Before plotting every single point, look for shortcuts:

• Symmetry about the polar axis (the positive $x$-axis): Replace $\theta$ with $-\theta$. If the equation is unchanged, the curve is symmetric about the polar axis.
• Symmetry about the line $\theta = \pi/2$: Replace $\theta$ with $\pi - \theta$. If unchanged, the curve is symmetric about the $y$-axis.
• Symmetry about the origin: Replace $r$ with $-r$. If unchanged, the curve has origin symmetry.

Using symmetry, you can often plot just half (or a quarter) of the curve and reflect.

Example: For $r = 2\cos(3\theta)$, the factor of 3 inside the cosine tells you the curve is a rose with 3 petals (odd $n$ gives $n$ petals). Each petal spans an angular width of $\pi/3$. You only need to trace $\theta \in [0, \pi]$ and the full curve emerges.

Special Polar Graphs

These curves appear frequently as boundaries in polar double integrals.

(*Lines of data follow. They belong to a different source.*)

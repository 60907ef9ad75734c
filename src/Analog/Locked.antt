-- ===== src/Analog/Locked.antt =====
-- The generic calls of src/ldal.c on an analog input, and the mutex of the device.
use ldal.Base.{
  ◌==◌, ℕ, zero, suc, refl, ◌∙◌, ℤ, Bool, true, false, Bool-cases, inl, inr, Option, none, some,
  ◌∷◌, arith,
}
use ldal.Kernel.{Bytes, read_fd, sleep_usec}
use ldal.Device.{Device, read_device, write_device, control_device}
use ldal.Device.Mutex.{held, Keeps, Guards, with_mutex-Guards}
use ldal.Analog.{
  Machine, AnalogDevice, size_of_float, overwritten, is_short, get_calib_data_from_file,
  import_calib, analog_read, analog_write,
}
use ldal.Analog.Points.{measured_second, calib_adc_value-second_point, calib_adc_value-first}
use ldal.Analog.Calib.{
  Sampled, tallied, ai_set_curr_vol_valmax_valmin, ai_set_correct_vol_cur, ai_get_correct_vol_cur,
  save_calib_data_to_file, is_second, sample_rounds, get_ai_average, second_point, calib_adc_value,
  get_tries, restore_adc_value, analog_control, analog_control_op, analog_device_ops,
}

save_calib_data_to_file-Keeps : (d : Device) (buf : Bytes) → Keeps (save_calib_data_to_file d buf)
unfolding save_calib_data_to_file held
save_calib_data_to_file-Keeps d buf e h = ground arith

get_calib_data_from_file-Keeps : (d : Device) (buf : Bytes) → Keeps (get_calib_data_from_file d buf)
unfolding get_calib_data_from_file held
get_calib_data_from_file-Keeps d buf e h = ground arith

module _ (m : Machine) (iow : ℕ → ℕ → ℕ) where
  import_calib-Keeps : (o : AnalogDevice m) → Keeps (import_calib m o)
  unfolding import_calib
  import_calib-Keeps o e h =
      get_calib_data_from_file-Keeps o.device (m.store_cfgs o.own.current_cfg o.own.voltage_cfg) e h

  sample_rounds-Keeps :
      (rounds : ℕ) (fd : ℤ) (first : Bool) (s : Sampled m iow)
      → Keeps (sample_rounds m iow rounds fd first s)
  unfolding sample_rounds held
  sample_rounds-Keeps zero fd first s e h = refl
  sample_rounds-Keeps (suc rounds) fd first s e h =
      let r = e h (read_fd fd size_of_float) in
      let read_in : Sampled m iow = record s {
        valuef = m.load (overwritten r (m.store s.valuef));
      } in
      let h1 = read_fd fd size_of_float ∷ h in
      elim (Bool-cases (is_short r.ret)) [
        | inl short ↦ rw short (sample_rounds-Keeps rounds fd false read_in e h1)
        | inr full ↦ rw full (
            sample_rounds-Keeps rounds fd false (tallied m iow first read_in) e
              (sleep_usec 50000 ∷ h1))
      ]

  get_ai_average-Keeps : (fd : ℤ) → Keeps (get_ai_average m iow fd)
  unfolding get_ai_average
  get_ai_average-Keeps fd e h = sample_rounds-Keeps 10 fd true _ e h

  second_point-Keeps : (o : AnalogDevice m) (type : ℕ) → Keeps (second_point m iow o type)
  unfolding second_point held
  second_point-Keeps o type e h = grind (arith, save_calib_data_to_file-Keeps)

  calib_adc_value-Keeps : (o : AnalogDevice m) (type : ℕ) → Keeps (calib_adc_value m iow o type)
  calib_adc_value-Keeps o type e h = elim (Bool-cases (is_second type)) [
    | inl second ↦ rw (calib_adc_value-second_point m iow o type e h second) (
        second_point-Keeps (measured_second m iow o e h) type e
          (get_ai_average m iow o.device.fd e h).1
        ∙ get_ai_average-Keeps o.device.fd e h)
    | inr first ↦
        rw (calib_adc_value-first m iow o type e h first) (get_ai_average-Keeps o.device.fd e h)
  ]

  get_tries-Keeps : (n : ℕ) (fd : ℤ) → Keeps (get_tries m iow n fd)
  unfolding get_tries held
  get_tries-Keeps zero fd e h = refl
  get_tries-Keeps (suc n) fd e h = grind (arith, get_tries-Keeps n)

  restore_adc_value-Keeps : (o : AnalogDevice m) → Keeps (restore_adc_value m iow o)
  unfolding restore_adc_value held
  restore_adc_value-Keeps o e h =
      grind (arith, import_calib-Keeps, get_tries-Keeps, save_calib_data_to_file-Keeps)

  analog_control-Keeps :
      (o : AnalogDevice m) (cmd : ℕ) (arg : Option Bytes) → Keeps (analog_control m iow o cmd arg)
  unfolding analog_control held
  analog_control-Keeps o cmd none e h = elim (Bool-cases (cmd == ai_set_curr_vol_valmax_valmin)) [
    | inl conf ↦ rw conf refl
    | inr other ↦ elim (Bool-cases (cmd == ai_set_correct_vol_cur)) [
      | inl calib ↦ rw (calib, other) refl
      | inr rest ↦ elim (Bool-cases (cmd == ai_get_correct_vol_cur)) [
        | inl get ↦ rw (get, rest, other) (restore_adc_value-Keeps o e h)
        | inr unknown ↦ rw (unknown, rest, other) refl
      ]
    ]
  ]
  analog_control-Keeps o cmd (some bytes) e h =
      elim (Bool-cases (cmd == ai_set_curr_vol_valmax_valmin)) [
        | inl conf ↦ rw conf refl
        | inr other ↦ elim (Bool-cases (cmd == ai_set_correct_vol_cur)) [
          | inl calib ↦ rw (calib, other) (calib_adc_value-Keeps o (m.load_value_type bytes) e h)
          | inr rest ↦ elim (Bool-cases (cmd == ai_get_correct_vol_cur)) [
            | inl get ↦ rw (get, rest, other) (restore_adc_value-Keeps o e h)
            | inr unknown ↦ rw (unknown, rest, other) refl
          ]
        ]
      ]

  analog_read-Keeps : (o : AnalogDevice m) (len : ℕ) → Keeps (analog_read m o len)
  unfolding analog_read held
  analog_read-Keeps o len e h = ground arith

  analog_write-Keeps : (o : AnalogDevice m) (x : Bytes) → Keeps (analog_write m o x)
  unfolding analog_write
  analog_write-Keeps o x e h = refl

  -- Reading, writing and controlling an analog input through the generic calls runs the operation of
  -- the class once, with the mutex of the device taken, and gives the mutex back, whatever the
  -- command, the argument and the answers are.
  pub analog_device_ops-Guards :
      (o : AnalogDevice m) (n cmd : ℕ) (x : Bytes) (arg : Option Bytes)
      → Guards (read_device (analog_device_ops m iow) o n) (analog_read m o n)
        × Guards (write_device (analog_device_ops m iow) o x) (analog_write m o x)
        × Guards
            (control_device (analog_device_ops m iow) o cmd arg)
            (analog_control_op m iow o cmd arg)
  unfolding read_device write_device control_device
  analog_device_ops-Guards o n cmd x arg = (
    with_mutex-Guards (some (analog_read m)) (analog_read m) (λ f. f o n) refl
        (analog_read-Keeps o n),
    with_mutex-Guards (some (analog_write m)) (analog_write m) (λ f. f o x) refl
        (analog_write-Keeps o x),
    with_mutex-Guards (some (analog_control_op m iow)) (analog_control_op m iow) (λ f. f o cmd arg)
        refl (analog_control-Keeps o cmd arg),
  )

Recognizing them on sight saves time when setting up integration limits.

• Circle centered at origin: $r = a$. Radius $a$, centered at the pole.
• Cardioid: $r = a(1 + \cos\theta)$ or $r = a(1 + \sin\theta)$. Heart-shaped curve that passes through the origin. The version with $\cos$ is symmetric about the $x$-axis; the version with $\sin$ is symmetric about the $y$-axis.
• Limaçon: $r = a + b\cos\theta$. When $a = b$ you get a cardioid. When $a < b$ the curve has an inner loop. When $a > b$ there's no loop, just a dimple (or none at all if $a \geq 2b$).
• Rose curves: $r = a\cos(n\theta)$ or $r = a\sin(n\theta)$. If $n$ is odd, the curve has $n$ petals. If $n$ is even, it has $2n$ petals. Each petal has length $a$.
• Lemniscate: $r^2 = a^2\cos(2\theta)$. A figure-eight shape centered at the origin, existing only where $\cos(2\theta) \geq 0$.

Being comfortable with these curves and the transformation formulas will make setting up polar double integrals in the next sections much more straightforward.